In de Wet BRV is geen definitie van het begrip woningen opgenomen. In de memorie van toelichting bij het wetsvoorstel dat heeft geleid tot het onder 4.1 vermelde artikel 14, lid 2, Wet BRV is (voor zover hier van belang) het volgende opgemerkt:
‘Artikel XVI, onderdeel C (artikelen 14 van de Wet op belastingen van rechtsverkeer)

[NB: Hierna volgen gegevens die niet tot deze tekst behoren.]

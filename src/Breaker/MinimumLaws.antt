-- ===== src/Breaker/MinimumLaws.antt =====
-- Over its ticks a breaker leaves the minimum in traffic.
use Prim.Native.Nat.{min}
use kubervisor.Prelude.{
  ℕ, zero, suc, ◌+◌, ◌-◌, ◌^◌, ◌<◌, ◌≤◌, ◌≡◌, refl, sym, ◌∙◌, ◌==◌, Bool-cases, inl, inr, subst,
  arith, Option, none, some, List, [], ◌∷◌, Outcome, ok, err, panic, Error, length, take, count,
}
use kubervisor.Prelude.Int.{ℤ}
use kubervisor.Kube.{Pod, KubeClient, TimeText}
use kubervisor.Kube.Exec.{Exec, pure, continue, ◌>>=◌}
use kubervisor.Pod.Requests.{break_request}
use kubervisor.Pod.Control.{World, update_counted, update_breaker_annotation_and_label}
use kubervisor.Pod.ControlLaws.{cluster-update_counted}
use kubervisor.Pod.FilterLaws.{first_error}
use kubervisor.Api.{BreakerStrategy}
use kubervisor.Breaker.Count.{FitsInt, floor, or_zero}
use kubervisor.Breaker.Round.{BreakerImpl, or_skip, cut_all, cut_round, list_round, round, run}
use kubervisor.Breaker.RoundLaws.{in_traffic, serving, allowed, cut_round-allowed, cut_round-error}

length-take : {A : Type 0} (n : ℕ) (xs : List A) → length (take n xs) ≤ n
length-take zero xs = omega arith
length-take (suc n) [] = omega arith
length-take (suc n) (x ∷ xs) = let rest = length-take n xs in omega arith

length-allowed :
    {F : Type 0} (config : BreakerStrategy F) (cut all : List Pod)
    → length (allowed config cut all) ≤ count in_traffic all - floor config (count in_traffic all) 0
length-allowed config cut all =
    let n = count in_traffic all - floor config (count in_traffic all) 0 in
    min_le (length cut) n (length-take (min (length cut) n) cut)
  where
    min_le : {l : ℕ} (a n : ℕ) → l ≤ min a n → l ≤ n
    min_le a n h = omega arith

-- What is left of `n` after `l`, which leave `f`.
stays : (n f l a : ℕ) → l ≤ n - f → n ≤ l + a → min n f ≤ a
stays n f l a h k = omega arith

module _ {F L S : Type 0} (client : KubeClient S) (detector : Exec (World S) (List Pod))
    (lister : L → Exec (World S) (List Pod)) (b : BreakerImpl F L) (traffic : S → ℕ) where
  -- `traffic` counts the pods of the breaker in traffic: a write to a pod takes one out at most, the
  -- analysis and the lister read only, and the lister's pods are the ones that are counted.
  pub record IsCounting : Type 0 where
    pub update_lowers : (p : Pod) (s : S) → traffic s ≤ suc (traffic (client.update p s).1)
    pub detector_keeps : (w : World S) → traffic (detector w).1.cluster ≡ traffic w.cluster
    pub lister_keeps : (w : World S) → traffic (lister b.selector w).1.cluster ≡ traffic w.cluster
    pub lister_counts :
        (w : World S) (all : List Pod)
        → (lister b.selector w).0 ≡ ok all
        → count in_traffic all ≡ traffic w.cluster

module _ {F L S : Type 0} (detector : Exec (World S) (List Pod)) (b : BreakerImpl F L)
    (traffic : S → ℕ) where
  -- No number that a round computes leaves the range of `int`.
  pub record IsSmall : Type 0 where
    pub fits : (s : S) → FitsInt b.breaker_strategy_config (traffic s) 0
    pub reports : (w : World S) (cut : List Pod) → (detector w).0 ≡ ok cut → length cut < 2 ^ 62

module _ {F L S : Type 0} (client : KubeClient S) (clock : S → ℤ) (time : TimeText)
    (detector : Exec (World S) (List Pod)) (lister : L → Exec (World S) (List Pod))
    (b : BreakerImpl F L) (traffic : S → ℕ) (counting : IsCounting client detector lister b traffic)
    (small : IsSmall detector b traffic) where
  written : Outcome Pod → World S → World S
  written r w = (continue (update_counted client b.kubervisor_name "break") r w).1

  written-lowers :
      (r : Outcome Pod) (w : World S) → traffic w.cluster ≤ suc (traffic (written r w).cluster)
  unfolding written
  written-lowers (ok p) w =
      rw (cluster-update_counted client b.kubervisor_name p w "break")
        (counting.update_lowers p w.cluster)
  written-lowers (err e) w = omega arith
  written-lowers panic w = omega arith

  -- Cutting a pod takes one out of traffic at most.
  write-lowers :
      (p : Pod) (w : World S)
      → traffic w.cluster
        ≤ suc (
            traffic
              (update_breaker_annotation_and_label client time clock b.kubervisor_name
                b.breaker_strategy_name p w).1.cluster)
  unfolding update_breaker_annotation_and_label written
  write-lowers p w =
      written-lowers
        (break_request time (clock w.cluster) b.kubervisor_name b.breaker_strategy_name p) w

  cut_all-lowers :
      (cut : List Pod) (w : World S)
      → traffic w.cluster ≤ length cut + traffic (cut_all client clock time b cut w).1.cluster
  unfolding cut_all
  cut_all-lowers [] w = omega arith
  cut_all-lowers (p ∷ cut) w =
      let w' =
        (update_breaker_annotation_and_label client time clock b.kubervisor_name
          b.breaker_strategy_name p w).1 in
      ground (arith, write-lowers p w, cut_all-lowers cut w')

  -- The pods that stay in traffic whatever is reported.
  abbrev kept : ℕ → ℕ
  kept n = min n (floor b.breaker_strategy_config n 0)

  cut_round-keeps :
      (cut all : List Pod) (w : World S)
      → count in_traffic all ≡ traffic w.cluster
      → length cut < 2 ^ 62
      → kept (traffic w.cluster) ≤ traffic (cut_round client clock time b cut all w).1.cluster
  cut_round-keeps cut all w same few = go (first_error (serving all)) refl
    where
      go :
          (r : Option Error)
          → first_error (serving all) ≡ r
          → kept (traffic w.cluster) ≤ traffic (cut_round client clock time b cut all w).1.cluster
      go (some e) h = rw (cut_round-error client clock time b cut all w e h) (omega arith)
      go none h =
          let fits = small.fits w.cluster in
          let cuts = cut_all-lowers (allowed b.breaker_strategy_config cut all) w in
          rw (cut_round-allowed client clock time b cut all w h (rw same fits) few) (
            stays (traffic w.cluster) (floor b.breaker_strategy_config (traffic w.cluster) 0) _ _
              (subst
                (λ n.
                  length (allowed b.breaker_strategy_config cut all)
                  ≤ n - floor b.breaker_strategy_config n 0)
                same (length-allowed b.breaker_strategy_config cut all))
              cuts)

  -- A call whose error ends the round.
  or_skip-keeps :
      {A : Type 0} (n : ℕ) (f : A → Exec (World S) (Unit {0})) (r : Outcome A) (w : World S)
      → n ≤ traffic w.cluster
      → ((a : A) → r ≡ ok a → n ≤ traffic (f a w).1.cluster)
      → n ≤ traffic (or_skip f r w).1.cluster
  or_skip-keeps n f (ok a) w h k = k a refl
  or_skip-keeps n f (err e) w h k = h
  or_skip-keeps n f panic w h k = h

  kept_le : (n : ℕ) → kept n ≤ n
  kept_le n = omega arith

  list_round-keeps :
      (cut : List Pod) (w : World S)
      → length cut < 2 ^ 62
      → kept (traffic w.cluster) ≤ traffic (list_round client clock time lister b cut w).1.cluster
  unfolding list_round
  list_round-keeps cut w few = elim (Bool-cases (length cut == 0)) [
    | inl e ↦ rw e (kept_le (traffic w.cluster))
    | inr e ↦
        let v = (lister b.selector w).1 in
        let same = counting.lister_keeps w in
        rw e (
          subst
            (λ n.
              kept n
              ≤ traffic
                  (or_skip (cut_round client clock time b cut) (lister b.selector w).0 v).1.cluster)
            same
            (or_skip-keeps (kept (traffic v.cluster)) (cut_round client clock time b cut)
              (lister b.selector w).0 v (kept_le (traffic v.cluster))
              (λ all h. cut_round-keeps cut all v (counting.lister_counts w all h ∙ sym same) few)))
  ]

  -- A round leaves in traffic what was there, or the minimum of the settings for what was there.
  round-keeps :
      (w : World S)
      → kept (traffic w.cluster) ≤ traffic (round client clock time detector lister b w).1.cluster
  unfolding round
  round-keeps w =
      let v = (detector w).1 in
      subst
        (λ n.
          kept n
          ≤ traffic (or_skip (list_round client clock time lister b) (detector w).0 v).1.cluster)
        (counting.detector_keeps w)
        (or_skip-keeps (kept (traffic v.cluster)) (list_round client clock time lister b)
          (detector w).0 v (kept_le (traffic v.cluster))
          (λ cut h. list_round-keeps cut v (small.reports w cut h)))

  -- The minimal count, as a condition on the cluster.
  abbrev Enough : World S → Type 0
  Enough w = or_zero b.breaker_strategy_config.min_pods_available_count ≤ traffic w.cluster

  enough_kept :
      (k n m : ℕ)
      → k ≤ or_zero b.breaker_strategy_config.min_pods_available_count
      → k ≤ n
      → kept n ≤ m
      → k ≤ m
  enough_kept k n m few h kept_n = omega arith

  -- A round keeps every number that the minimal count covers.
  pub round-keeps_enough :
      (k : ℕ) (w : World S)
      → k ≤ or_zero b.breaker_strategy_config.min_pods_available_count
      → k ≤ traffic w.cluster
      → k ≤ traffic (round client clock time detector lister b w).1.cluster
  round-keeps_enough k w few h = enough_kept k (traffic w.cluster) _ few h (round-keeps w)

  after-continue :
      (r : Outcome (Unit {0})) (f : Unit {0} → Exec (World S) (Unit {0})) (w : World S)
      → Enough w
      → ((v : World S) → Enough v → Enough (f tt v).1)
      → Enough (continue f r w).1
  after-continue (ok u) f w h k = k w h
  after-continue (err e) f w h k = h
  after-continue panic f w h k = h

  -- If each write takes one pod out of traffic at most, the analysis and the lister only read, the
  -- lister's pods are up to date, and no number leaves the range of `int`, then over any number of
  -- ticks a breaker never takes the pods in traffic below its minimal count, if they were not below it
  -- before.
  pub run_keeps_minimum :
      (ticks : ℕ) (w : World S)
      → or_zero b.breaker_strategy_config.min_pods_available_count ≤ traffic w.cluster
      → or_zero b.breaker_strategy_config.min_pods_available_count
        ≤ traffic (run client clock time detector lister b ticks w).1.cluster
  unfolding run pure ◌>>=◌
  run_keeps_minimum zero w h = h
  run_keeps_minimum (suc ticks) w h =
      let (r, v) = round client clock time detector lister b w in
      after-continue r (λ u. run client clock time detector lister b ticks) v
        (round-keeps_enough (or_zero b.breaker_strategy_config.min_pods_available_count) w
          (omega arith) h)
        (run_keeps_minimum ticks)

Dit onderdeel regelt de verlaging van het tarief overdrachtsbelasting naar 2 procent voor de verkrijging van woningen of van rechten waaraan deze zijn onderworpen. Onder woningen wordt in dit kader verstaan onroerende zaken die op het moment van de juridische overdracht naar hun aard zijn bestemd voor bewoning. Als een onroerende zaak feitelijk wordt bewoond, maar naar zijn aard niet bestemd is voor bewoning, dan wordt deze onroerende zaak niet aangemerkt als woning. Bij twijfel of een onroerende zaak naar zijn aard bestemd is voor bewoning is mede van belang of de gemeente aan de onroerende zaak een woonbestemming heeft gegeven. Het gedogen door de gemeente van bewoning is niet voldoende om een onroerende zaak als woning aan te merken.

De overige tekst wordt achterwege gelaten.